In the experimental design, the values obtained for the total phenol content (TPC) ranged from 25 to 41 mg GAE/g EOP and the hydroxytyrosol content between 4 and 6 mg/g EOP. As an example, Figure 1 shows the response surface for the TPC, where it can be observed that the extraction time and solid loading have a positive influence until a maximum is reached. Alternatively, the temperature was affected positively under the conditions tested. The hydroxytyrosol content showed a similar trend.

The antioxidant activity of the aqueous extracts obtained by MAE was determined by the FRAP and ABTS methods. In this case, the three parameters studied also showed a significant influence on these response variables. In general, the solid loading and temperature had the greatest influence on both of them, whose values ranged between 32 and 55 mg TE/g EOP and 61 and 97 mg TE/g EOP.

The quality of fit of the response surface models was assessed by ANOVA. The adjusted coefficient of determination (R²), the coefficient of variation (CV) and the statistical parameters F-value and lack of fit (p-value) were determined for each of the responses. The models developed presented adjusted coefficients of determination (R² adj) in the range of 0.886–0.964, suggesting that the experimental data matched well with the predicted values. Furthermore, the CV ranged from 1.98 to 3.55%, indicating the reliability and accuracy of the model. ANOVA results showed high F-values for all response variables (21.65–587.22), implying that the model was highly significant and there was no lack of fit.

Once the effect of the three factors (temperature, time, and solid loading) on all responses had been analysed, the software was able to determine the individual optimum conditions for each response. These depended on the response variable and ranged between 99.5 °C (TPC) and 100 °C (FRAP), 22.9 min (FRAP) and 34.3 min (hydroxytyrosol content) and 3% solids (FRAP) and 6.4% solids (ABTS). The predicted optimum values were: 41 mg GAE/g EOP for TPC, 6 mg/g EOP for hydroxytyrosol content, 55 mg TE/g EOP for the antioxidant capacity determined by the FRAP method and 102 mg TE/g EOP by the ABTS method.

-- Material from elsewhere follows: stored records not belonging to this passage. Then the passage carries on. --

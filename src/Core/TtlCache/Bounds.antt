-- ===== src/Core/TtlCache/Bounds.antt =====
-- The invariant of a cache, over every sequence of calls.
use koraku.Prelude.{
  ℕ, ◌≤◌, ◌<◌, ◌≡◌, inl, inr, List, [], ◌∷◌, arith, leb, length, Bool-cases, Option-cases, ◌∙◌,
  refl, text_equality, max, leb→le,
}
use koraku.Prelude.Text.{Text, strip, is_empty}
use koraku.Prelude.Dict
use koraku.Prelude.Dict.{
  Dict, IsUnique, length-put-le, length-remove-le, length-remove-lt, put-IsUnique, remove-IsUnique,
}
use koraku.Core.TtlCache
use koraku.Core.TtlCache.{TtlCache, init, is_stale, oldest, make_room}
use koraku.Core.TtlCache.Oldest.{oldest_least, oldest-ne_none}

pub data Call (A : Type 0) : Type 0 where
  get : Text → ℕ → ℕ → Call A
  set : Text → A → ℕ → Call A
  invalidate : Text → Call A
  clear : Call A

pub record IsValid {A : Type 0} (cache : TtlCache A) : Type 0 where
  pub room : 16 ≤ cache.max_size
  pub bounded : length cache.rows ≤ cache.max_size
  pub unique : IsUnique cache.rows

max_size-init : (A : Type 0) (max_size : ℕ) → (init {A = A} max_size).max_size ≡ max 16 max_size
unfolding init
max_size-init A max_size = refl

module _ {A : Type 0} where
  pub step : TtlCache A → Call A → TtlCache A
  step cache (get key ttl_seconds now) = (TtlCache.get cache key ttl_seconds now).0
  step cache (set key value now) = TtlCache.set cache key value now
  step cache (invalidate key) = TtlCache.invalidate cache key
  step cache clear = TtlCache.clear cache

  pub run : TtlCache A → List (Call A) → TtlCache A
  run cache [] = cache
  run cache (call ∷ calls) = run (step cache call) calls

  pub make_room-lt :
      (cache : TtlCache A) → IsValid cache → length (make_room cache) < cache.max_size
  unfolding make_room
  make_room-lt cache h = elim (Bool-cases (leb cache.max_size (length cache.rows))) [
    | inl full ↦
        let positive : 0 < length cache.rows = omega (arith, leb→le _ _ full, h.room) in
        let (k, e) = oldest-ne_none cache.rows positive in
        let (m, v, found, _) = oldest_least cache.rows k h.unique e in
        ground (arith, full, e, h.bounded, length-remove-lt cache.rows k (m, v) found)
    | inr free ↦ ground arith
  ]

  make_room-IsUnique : (cache : TtlCache A) → IsUnique cache.rows → IsUnique (make_room cache)
  unfolding make_room
  make_room-IsUnique cache h = elim (Bool-cases (leb cache.max_size (length cache.rows))) [
    | inl full ↦ elim (Option-cases (oldest cache.rows)) [
      | inl e ↦ rw (full, e) h
      | inr (k, e) ↦ rw (full, e) (remove-IsUnique cache.rows k h)
    ]
    | inr free ↦ rw free h
  ]

  remove-IsValid :
      (cache : TtlCache A) (k : Text)
      → IsValid cache
      → IsValid (record cache { rows = Dict.remove cache.rows k })
  remove-IsValid cache k h = record {
    room = h.room;
    bounded = omega (arith, h.bounded, length-remove-le cache.rows k);
    unique = remove-IsUnique cache.rows k h.unique;
  }

  get-IsValid :
      (cache : TtlCache A) (key : Text) (ttl_seconds now : ℕ)
      → IsValid cache
      → IsValid (TtlCache.get cache key ttl_seconds now).0
  unfolding TtlCache.get
  get-IsValid cache key ttl_seconds now h = ground (arith, remove-IsValid cache (strip key) h)

  set-IsValid :
      (cache : TtlCache A) (key : Text) (value : A) (now : ℕ)
      → IsValid cache
      → IsValid (TtlCache.set cache key value now)
  unfolding TtlCache.set
  set-IsValid cache key value now h = elim (Bool-cases (is_empty (strip key))) [
    | inl blank ↦ rw blank h
    | inr named ↦ rw named (record {
      room = h.room;
      bounded =
          omega
            (arith, make_room-lt cache h, length-put-le (make_room cache) (strip key) (now, value));
      unique =
          put-IsUnique (make_room cache) (strip key) (now, value)
            (make_room-IsUnique cache h.unique);
    })
  ]

  step-IsValid : (cache : TtlCache A) (call : Call A) → IsValid cache → IsValid (step cache call)
  unfolding step TtlCache.invalidate TtlCache.clear
  step-IsValid cache (get key ttl_seconds now) h = get-IsValid cache key ttl_seconds now h
  step-IsValid cache (set key value now) h = set-IsValid cache key value now h
  step-IsValid cache (invalidate key) h = ground (arith, remove-IsValid cache (strip key) h)
  step-IsValid cache clear h = record { room = h.room; bounded = omega arith; unique = tt }

  run-IsValid :
      (cache : TtlCache A) (calls : List (Call A)) → IsValid cache → IsValid (run cache calls)
  unfolding run
  run-IsValid cache [] h = h
  run-IsValid cache (call ∷ calls) h =
      run-IsValid (step cache call) calls (step-IsValid cache call h)

  pub init-IsValid : (max_size : ℕ) → IsValid (init {A = A} max_size)
  unfolding init
  init-IsValid max_size = record { room = omega arith; bounded = omega arith; unique = tt }

  max_size-step : (cache : TtlCache A) (call : Call A) → (step cache call).max_size ≡ cache.max_size
  unfolding step TtlCache.get TtlCache.set TtlCache.invalidate TtlCache.clear
  max_size-step cache (get key ttl_seconds now) = ground arith
  max_size-step cache (set key value now) = ground arith
  max_size-step cache (invalidate key) = ground arith
  max_size-step cache clear = refl

  max_size-run :
      (cache : TtlCache A) (calls : List (Call A)) → (run cache calls).max_size ≡ cache.max_size
  unfolding run
  max_size-run cache [] = refl
  max_size-run cache (call ∷ calls) =
      max_size-run (step cache call) calls ∙ max_size-step cache call

  -- Whatever calls are made on a new cache, it holds at most `max(16, max_size)` rows, and no key
  -- twice.
  pub run_bounded :
      (max_size : ℕ) (calls : List (Call A))
      → (length (run (init max_size) calls).rows ≤ max 16 max_size)
        × IsUnique (run (init max_size) calls).rows
  run_bounded max_size calls =
      let h = run-IsValid (init max_size) calls (init-IsValid max_size) in
      (
        omega (arith, h.bounded, max_size-run (init max_size) calls, max_size-init A max_size),
        h.unique,
      )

The results obtained show that MAE is an efficient technique for the extraction of bioactive compounds from EOP using short extraction times, as other studies suggested for olive pomace [12], and simply using water.

4. Conclusions

MAE, using water as a “green” solvent, was efficient for the extraction of antioxidant compounds from EOP, including hydroxytyrosol. Its content was maximized at 99.7 °C, 34.3 min and a solid loading of 3.9% (w/v): 6 mg/g EOP.